> **EXERCISE DETAILS**
Return, from the material below, each line in which "pure" occurs.

——————

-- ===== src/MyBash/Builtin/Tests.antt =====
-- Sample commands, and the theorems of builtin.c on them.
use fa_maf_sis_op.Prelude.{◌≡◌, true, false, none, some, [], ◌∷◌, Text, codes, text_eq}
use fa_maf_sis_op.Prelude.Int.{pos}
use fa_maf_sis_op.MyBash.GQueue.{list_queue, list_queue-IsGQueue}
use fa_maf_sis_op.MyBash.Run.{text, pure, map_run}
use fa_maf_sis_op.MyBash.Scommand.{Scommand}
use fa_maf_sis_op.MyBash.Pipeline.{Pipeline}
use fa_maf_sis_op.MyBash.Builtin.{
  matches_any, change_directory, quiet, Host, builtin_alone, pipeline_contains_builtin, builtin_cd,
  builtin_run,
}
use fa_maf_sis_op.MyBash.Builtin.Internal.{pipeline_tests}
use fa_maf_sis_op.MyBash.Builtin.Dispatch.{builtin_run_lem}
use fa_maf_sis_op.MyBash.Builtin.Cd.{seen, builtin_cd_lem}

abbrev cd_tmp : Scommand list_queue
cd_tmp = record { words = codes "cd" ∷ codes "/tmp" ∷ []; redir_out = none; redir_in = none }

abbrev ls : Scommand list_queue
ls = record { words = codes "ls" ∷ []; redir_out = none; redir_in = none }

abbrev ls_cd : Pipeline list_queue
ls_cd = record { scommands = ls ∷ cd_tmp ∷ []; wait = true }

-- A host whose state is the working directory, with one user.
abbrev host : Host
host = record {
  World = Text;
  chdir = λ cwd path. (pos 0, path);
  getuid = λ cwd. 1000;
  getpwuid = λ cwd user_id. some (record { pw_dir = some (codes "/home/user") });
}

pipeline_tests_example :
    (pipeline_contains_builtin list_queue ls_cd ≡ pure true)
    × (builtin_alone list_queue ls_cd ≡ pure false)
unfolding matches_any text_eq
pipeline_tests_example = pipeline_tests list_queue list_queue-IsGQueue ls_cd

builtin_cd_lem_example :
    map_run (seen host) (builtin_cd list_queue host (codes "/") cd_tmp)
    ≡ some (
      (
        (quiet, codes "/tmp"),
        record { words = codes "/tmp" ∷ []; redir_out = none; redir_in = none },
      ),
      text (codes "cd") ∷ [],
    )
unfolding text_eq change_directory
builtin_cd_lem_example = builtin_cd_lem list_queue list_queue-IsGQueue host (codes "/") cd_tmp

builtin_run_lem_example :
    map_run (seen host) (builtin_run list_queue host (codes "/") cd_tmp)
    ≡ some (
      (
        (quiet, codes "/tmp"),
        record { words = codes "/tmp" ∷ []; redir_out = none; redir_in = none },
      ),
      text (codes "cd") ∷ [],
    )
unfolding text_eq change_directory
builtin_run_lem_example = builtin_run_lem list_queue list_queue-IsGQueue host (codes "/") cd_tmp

——————

> **ANSWER BOX**
use fa_maf_sis_op.MyBash.Run.{text, pure, map_run}
    (pipeline_contains_builtin list_queue ls_cd ≡ pure true)
    × (builtin_alone list_queue ls_cd ≡ pure false)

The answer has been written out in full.